■ **Assignment**: For this exercise, please reproduce the records below word for word, from the first line through the line with "bytes_at zero mem p = []".

Top of Task input

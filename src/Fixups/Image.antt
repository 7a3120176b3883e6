-- ===== src/Fixups/Image.antt =====
-- What the interpreters of src/fixups.c know of the image: its segments, libraries and slide, and
-- `resolve_symbol` of src/segments.c, which is a parameter here.
use mac_ify.Prelude.{ℕ, ◌+◌, ◌%◌, ◌^◌, List, Bool, Memory, suc, zero, [], ◌∷◌}

pub record Image : Type 0 where
  -- `g_nsegments`, and `g_segments[i].vmaddr`, slid
  pub nsegments : ℕ
  pub vmaddr : ℕ → ℕ
  -- `g_segments[i].vmsize`, and whether `i` is __PAGEZERO
  pub vmsize : ℕ → ℕ
  pub is_pagezero : ℕ → Bool
  -- `g_ndylibs`
  pub ndylibs : ℕ
  -- `g_slide` as a pattern of 64 bits
  pub slide : ℕ
  -- the address of the symbol in the library with this index, 0 for NULL
  pub resolve : ℕ → List ℕ → ℕ
  -- the same for the index -1, all libraries
  pub resolve_flat : List ℕ → ℕ
  -- the address of `macify_unresolved_stub`
  pub stub : ℕ
  -- whether `strdup` of the name succeeds
  pub copies : List ℕ → Bool

-- `uint64_t` addition.
abbrev pub add_u64 : ℕ → ℕ → ℕ
add_u64 a b = (a + b) % 2 ^ 64

-- `g_segments[seg_index].vmaddr + seg_offset`
abbrev pub target_of : Image → ℕ → ℕ → ℕ
target_of img seg_index seg_offset = add_u64 (img.vmaddr seg_index) seg_offset

-- The bytes from `p` on.
unfoldable pub bytes_at : ℕ → Memory → ℕ → List ℕ
bytes_at zero mem p = []
bytes_at (suc n) mem p = mem p ∷ bytes_at n mem (p + 1)
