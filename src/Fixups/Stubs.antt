-- ===== src/Fixups/Stubs.antt =====
-- `macify_note_stub` of src/fixups.c: how many slots were bound to the stub, and the first 32 names.
pub mod Inv
use mac_ify.Prelude.{ℕ, ◌+◌, ◌%◌, ◌^◌, List, [], ◌∷◌, ◌++◌, Bool, true, false, ◌&&◌, ltb}
use mac_ify.Prelude.{bytes_eq, length}
use mac_ify.Prelude.{if◌then◌else◌, ◌||◌}

pub record Noted : Type 0 where
  -- `g_stubbed_symbols`
  pub count : ℕ
  -- `noted_stubs[0 .. n_noted_stubs)`
  pub names : List (List ℕ)

abbrev pub max_noted_stubs : ℕ
max_noted_stubs = 32

-- `for (i = 0; i < n_noted_stubs; i++) if (strcmp(noted_stubs[i], sym) == 0) return;`
unfoldable pub is_noted : List (List ℕ) → List ℕ → Bool
is_noted [] sym = false
is_noted (name ∷ names) sym = bytes_eq name sym || is_noted names sym

-- `copied` says whether `strdup` succeeds.
unfoldable pub note_stub : Bool → Noted → List ℕ → Noted
note_stub copied n sym =
    let names' = n.names ++ (sym ∷ []) in
    record {
      count = (n.count + 1) % 2 ^ 64;
      names =
          if is_noted n.names sym
          then n.names
          else if ltb (length n.names) max_noted_stubs && copied
          then names'
          else n.names;
    }
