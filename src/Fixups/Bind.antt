-- ===== src/Fixups/Bind.antt =====
-- `execute_binds` and `execute_lazy_binds` of src/fixups.c: the bind opcodes of LC_DYLD_INFO.
pub mod Fuel
pub mod Effect
use mac_ify.Fixups.Image.{Image, add_u64, target_of, bytes_at}
use mac_ify.Fixups.Leb.{read_uleb128, read_sleb128}
use mac_ify.Fixups.Stubs.{Noted, note_stub}
use mac_ify.Prelude.{ℕ, zero, suc, ◌+◌, ◌-◌, ◌*◌, ◌%◌, ◌^◌, List, [], ◌∷◌, Option, none, some}
use mac_ify.Prelude.{Bool, true, false, ◌||◌, ◌&&◌, not}
use mac_ify.Prelude.{ℤ, pos, negsuc, int_of, Memory, store, bit_and, bit_or, leb, ltb, ◌==◌}
use mac_ify.Prelude.{if◌then◌else◌, length, take}

-- The variables of the interpreter: the opcodes left, and what the opcodes set.
pub record BindState : Type 0 where
  pub p : List ℕ
  pub ordinal : ℤ
  pub symbol_name : List ℕ
  pub bind_type : ℕ
  pub addend : ℕ
  pub seg_offset : ℕ
  pub seg_index : ℕ
  pub mem : Memory
  pub noted : Noted

-- An opcode leads on, returns 0 (`true`) or -1 (`false`), or shifts by 64 or more. `stuck` is no
-- value of the program: the loop ran out of fuel.
pub data Flow : Type 0 where
  next : BindState → Flow
  returned : Bool → BindState → Flow
  undefined : Flow
  stuck : Flow

infixl 5 ◌>>=◌
abbrev pub ◌>>=◌ : Flow → (BindState → Flow) → Flow
next s >>= k = k s
returned rc s >>= k = returned rc s
undefined >>= k = undefined
stuck >>= k = stuck

-- A ULEB128 operand is taken off the opcodes and handed on.
unfoldable pub with_uleb : BindState → (ℕ → BindState → Flow) → Flow
with_uleb s k = elim (read_uleb128 s.p) [
  | none ↦ undefined
  | some (v, p) ↦ k v (record s { p = p })
]

unfoldable pub with_sleb : BindState → (ℕ → BindState → Flow) → Flow
with_sleb s k = elim (read_sleb128 s.p) [
  | none ↦ undefined
  | some (v, p) ↦ k v (record s { p = p })
]

-- The bytes before the first 0, and what follows it.
unfoldable pub split_zero : List ℕ → Option (List ℕ × List ℕ)
split_zero [] = none
split_zero (b ∷ p) =
    let rest = split_zero p in
    if b == 0
    then some ([], p)
    else elim rest [ none ↦ none | some (name, p') ↦ some (b ∷ name, p') ]

-- `if (sym[0] == '_') sym++;`
unfoldable pub strip_underscore : List ℕ → List ℕ
strip_underscore [] = []
strip_underscore (c ∷ name) = if c == b'_' then name else c ∷ name

-- `ordinal - 1`, unless `ordinal < 1 || ordinal > g_ndylibs`.
unfoldable pub dylib_index : Image → ℤ → Option ℕ
dylib_index img (negsuc n) = none
dylib_index img (pos n) = if ltb n 1 || ltb img.ndylibs n then none else some (n - 1)

-- `resolve_symbol`, with the stub for what it does not find.
unfoldable pub address_of : Image → ℕ → List ℕ → ℕ
address_of img index name =
    let addr = img.resolve index name in if addr == 0 then img.stub else addr

-- `macify_note_stub(sym)`, if the symbol is not found.
unfoldable pub noted_after : Image → ℕ → BindState → Noted
noted_after img index s =
    let name = strip_underscore s.symbol_name in
    if img.resolve index name == 0 then note_stub (img.copies name) s.noted name else s.noted

-- `*(uint64_t *)target = addr + addend`
unfoldable pub slot_written : Image → ℕ → BindState → Memory
slot_written img index s =
    let addr = address_of img index (strip_underscore s.symbol_name) in
    store 8 s.mem (target_of img s.seg_index s.seg_offset) (add_u64 addr s.addend)

-- The bind of one slot, up to `seg_offset += 8`. Types other than BIND_TYPE_POINTER (1) skip the slot.
unfoldable pub do_bind : Image → BindState → Flow
do_bind img s = elim (dylib_index img s.ordinal) [
  | none ↦ returned false s
  | some index ↦
      let noted = noted_after img index s in
      if leb img.nsegments s.seg_index
      then returned false (record s { noted = noted })
      else next (record s {
        noted = noted;
        mem = if s.bind_type == 1 then slot_written img index s else s.mem;
        seg_offset = add_u64 s.seg_offset 8;
      })
]

-- The loop of DO_BIND_ULEB_TIMES_SKIPPING_ULEB, with the rounds left.
unfoldable pub bind_times : Image → ℕ → ℕ → BindState → Flow
bind_times img skip zero s = next s
bind_times img skip (suc left) s = elim (dylib_index img s.ordinal) [
  | none ↦ returned false s
  | some index ↦
      bind_times img skip left
        (record s { mem = slot_written img index s; seg_offset = add_u64 s.seg_offset (8 + skip) })
]

-- `imm ? (int8_t)(imm | 0xF0) : 0`
unfoldable pub special_ordinal : ℕ → ℤ
special_ordinal imm = if imm == 0 then pos 0 else negsuc (255 - bit_or imm 0xF0)

-- `char symbol_name[256]`, the terminating 0 not counted.
abbrev pub max_name : ℕ
max_name = 255

unfoldable pub set_symbol : BindState → Flow
set_symbol s = elim (split_zero s.p) [
  | none ↦ returned false (record s { p = [] })
  | some (name, p) ↦ next (record s { p = p; symbol_name = take max_name name })
]

-- The opcodes of the `switch` that bind slots, and its default.
unfoldable pub bind_slots : Image → ℕ → ℕ → BindState → Flow
bind_slots img op imm s =
    if op == 0x90
    then do_bind img s
    else if op == 0xA0
    then do_bind img s
      >>= (λ s1. with_uleb s1 (λ v s'. next (record s' { seg_offset = add_u64 s'.seg_offset v })))
    else if op == 0xB0
    then do_bind img s >>= (λ s1. next (record s1 { seg_offset = add_u64 s1.seg_offset (imm * 8) }))
    else if op == 0xC0
    then with_uleb s (λ count s1. with_uleb s1 (λ skip s2. bind_times img skip count s2))
    else returned false s

-- The `switch` on `op`, after `p` has passed the opcode. DONE returns only at the end.
unfoldable pub bind_op : Image → ℕ → ℕ → BindState → Flow
bind_op img op imm s =
    if op == 0x00
    then if length s.p == 0
      then returned true s
      else next (record s { symbol_name = []; seg_offset = 0; seg_index = 0 })
    else if op == 0x10
    then next (record s { ordinal = pos imm })
    else if op == 0x20
    then with_uleb s (λ v s'. next (record s' { ordinal = int_of v }))
    else if op == 0x30
    then next (record s { ordinal = special_ordinal imm })
    else if op == 0x40
    then set_symbol s
    else if op == 0x50
    then next (record s { bind_type = imm })
    else if op == 0x60
    then with_sleb s (λ v s'. next (record s' { addend = v }))
    else if op == 0x70
    then with_uleb s (λ v s'. next (record s' { seg_index = imm; seg_offset = v }))
    else if op == 0x80
    then with_uleb s (λ v s'. next (record s' { seg_offset = add_u64 s'.seg_offset v }))
    else bind_slots img op imm s

-- One round of `while (p < end)`.
unfoldable pub bind_step : Image → BindState → List ℕ → Flow
bind_step img s [] = returned true s
bind_step img s (byte ∷ p) =
    bind_op img (bit_and byte 0xF0) (bit_and byte 0x0F) (record s { p = p })

unfoldable pub bind_loop : ℕ → Image → BindState → Flow
bind_loop zero img s = stuck
bind_loop (suc fuel) img s = bind_step img s s.p >>= λ s'. bind_loop fuel img s'

-- The variables before the first opcode.
unfoldable pub bind_start : List ℕ → Memory → Noted → BindState
bind_start p mem noted = record {
  p = p;
  ordinal = pos 0;
  symbol_name = [];
  bind_type = 1;
  addend = 0;
  seg_offset = 0;
  seg_index = 0;
  mem = mem;
  noted = noted;
}

-- The sum `g_bind_off + g_bind_size` is one of `uint32_t`. A round takes one opcode byte at least, so
-- a fuel of one more than their number is enough.
unfoldable pub execute_binds : Image → ℕ → ℕ → ℕ → ℕ → Memory → Noted → Flow
execute_binds img bind_off bind_size file_data file_size mem noted =
    let p = bytes_at bind_size mem (file_data + bind_off) in
    let s = bind_start p mem noted in
    let run = bind_loop (suc bind_size) img s in
    if bind_size == 0
    then returned true s
    else if ltb file_size ((bind_off + bind_size) % 2 ^ 32)
    then returned false s
    else run

-- The globals that tell where the opcodes are.
pub record Ranges : Type 0 where
  pub bind_off : ℕ
  pub bind_size : ℕ
  pub lazy_bind_off : ℕ
  pub lazy_bind_size : ℕ

-- The lazy range stands in for the other one while the interpreter runs.
unfoldable pub execute_lazy_binds : Image → Ranges → ℕ → ℕ → Memory → Noted → Flow × Ranges
execute_lazy_binds img r file_data file_size mem noted =
    if r.lazy_bind_size == 0
    then (returned true (bind_start [] mem noted), r)
    else let swapped = record r { bind_off = r.lazy_bind_off; bind_size = r.lazy_bind_size } in
      let result =
        execute_binds img swapped.bind_off swapped.bind_size file_data file_size mem noted in
      (result, record swapped { bind_off = r.bind_off; bind_size = r.bind_size })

Bottom of Task input

■ **Expected answer**:
filename src/Fixups/Image.antt
repository 7a3120176b3883e6
-- ===== src/Fixups/Image.antt =====
-- What the interpreters of src/fixups.c know of the image: its segments, libraries and slide, and
-- `resolve_symbol` of src/segments.c, which is a parameter here.
use mac_ify.Prelude.{ℕ, ◌+◌, ◌%◌, ◌^◌, List, Bool, Memory, suc, zero, [], ◌∷◌}

pub record Image : Type 0 where
  -- `g_nsegments`, and `g_segments[i].vmaddr`, slid
  pub nsegments : ℕ
  pub vmaddr : ℕ → ℕ
  -- `g_segments[i].vmsize`, and whether `i` is __PAGEZERO
  pub vmsize : ℕ → ℕ
  pub is_pagezero : ℕ → Bool
  -- `g_ndylibs`
  pub ndylibs : ℕ
  -- `g_slide` as a pattern of 64 bits
  pub slide : ℕ
  -- the address of the symbol in the library with this index, 0 for NULL
  pub resolve : ℕ → List ℕ → ℕ
  -- the same for the index -1, all libraries
  pub resolve_flat : List ℕ → ℕ
  -- the address of `macify_unresolved_stub`
  pub stub : ℕ
  -- whether `strdup` of the name succeeds
  pub copies : List ℕ → Bool

-- `uint64_t` addition.
abbrev pub add_u64 : ℕ → ℕ → ℕ
add_u64 a b = (a + b) % 2 ^ 64

-- `g_segments[seg_index].vmaddr + seg_offset`
abbrev pub target_of : Image → ℕ → ℕ → ℕ
target_of img seg_index seg_offset = add_u64 (img.vmaddr seg_index) seg_offset

-- The bytes from `p` on.
unfoldable pub bytes_at : ℕ → Memory → ℕ → List ℕ
bytes_at zero mem p = []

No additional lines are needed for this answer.